▸ TO DO
Find all lines below containing the string "passed" and return them.

=== GIVEN DATA ===

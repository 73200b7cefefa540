-- ===== src/System/Posix.antt =====
-- src/proxylib/system/_posix/__init__.py: the readers of the desktops' settings, in turn. A reader is
-- run only when none before it has a proxy configured.
use proxylib.Prelude.{Option, none, some, List, [], ◌∷◌, if◌then◌else◌, or_else}
use proxylib.Python.Exec.{ok, raise, Exec}
use proxylib.Python.Text.{Text, text}
use proxylib.Python.Dict.{Dict}
use proxylib.Prelude.{ℕ}
use proxylib.Net.{Netimps}
use proxylib.SystemConfig.{ProxyConfig}
use proxylib.System.{is_configured, kde_read_config}
use proxylib.System.Gsettings.{Machine, gsettings_config}
use proxylib.System.NetworkManager.{nm_read_config}

abbrev pub Reader : Type 0 → Type 0
Reader S = Exec S (Option ProxyConfig)

-- the loop of `read_config`; `first` is the first settings so far
unfoldable pub read_first : {S : Type 0} → Option ProxyConfig → List (Reader S) → Reader S
read_first first [] s = (ok first, s)
read_first first (reader ∷ readers) s =
    let s' = (reader s).1 in
    let passed = read_first first readers s' in
    elim (reader s).0 [
      | raise e ↦ (raise e, s')
      | ok found ↦ elim found [
        | none ↦ passed
        | some c ↦
            let later = read_first (some (or_else first c)) readers s' in
            if is_configured c then (ok (some c), s') else later
      ]
    ]

module _ {S : Type 0} ⦃net : Netimps⦄ where
  -- `_readers`: what reading kioslaverc, nmcli and D-Bus give are arguments
  unfoldable pub readers :
      (S → ℕ)
      → (Text → S → Option (List Text) × S)
      → Option (Dict Text Text)
      → Option (Dict Text Text)
      → Option (Dict Text Text)
      → List (Reader (Machine S))
  readers clock run kde nmcli dbus =
      gsettings_config clock run (text "org.gnome.system.proxy") (text "gnome")
      ∷ gsettings_config clock run (text "org.mate.system.proxy") (text "mate")
      ∷ (λ m. (kde_read_config kde, m))
      ∷ (λ m. (ok (nm_read_config nmcli dbus), m))
      ∷ []

  -- `read_config`
  unfoldable pub posix_read_config :
      (S → ℕ)
      → (Text → S → Option (List Text) × S)
      → Option (Dict Text Text)
      → Option (Dict Text Text)
      → Option (Dict Text Text)
      → Reader (Machine S)
  posix_read_config clock run kde nmcli dbus = read_first none (readers clock run kde nmcli dbus)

===

▸ SOLUTION TO THIS TASK
    let passed = read_first first readers s' in
        | none ↦ passed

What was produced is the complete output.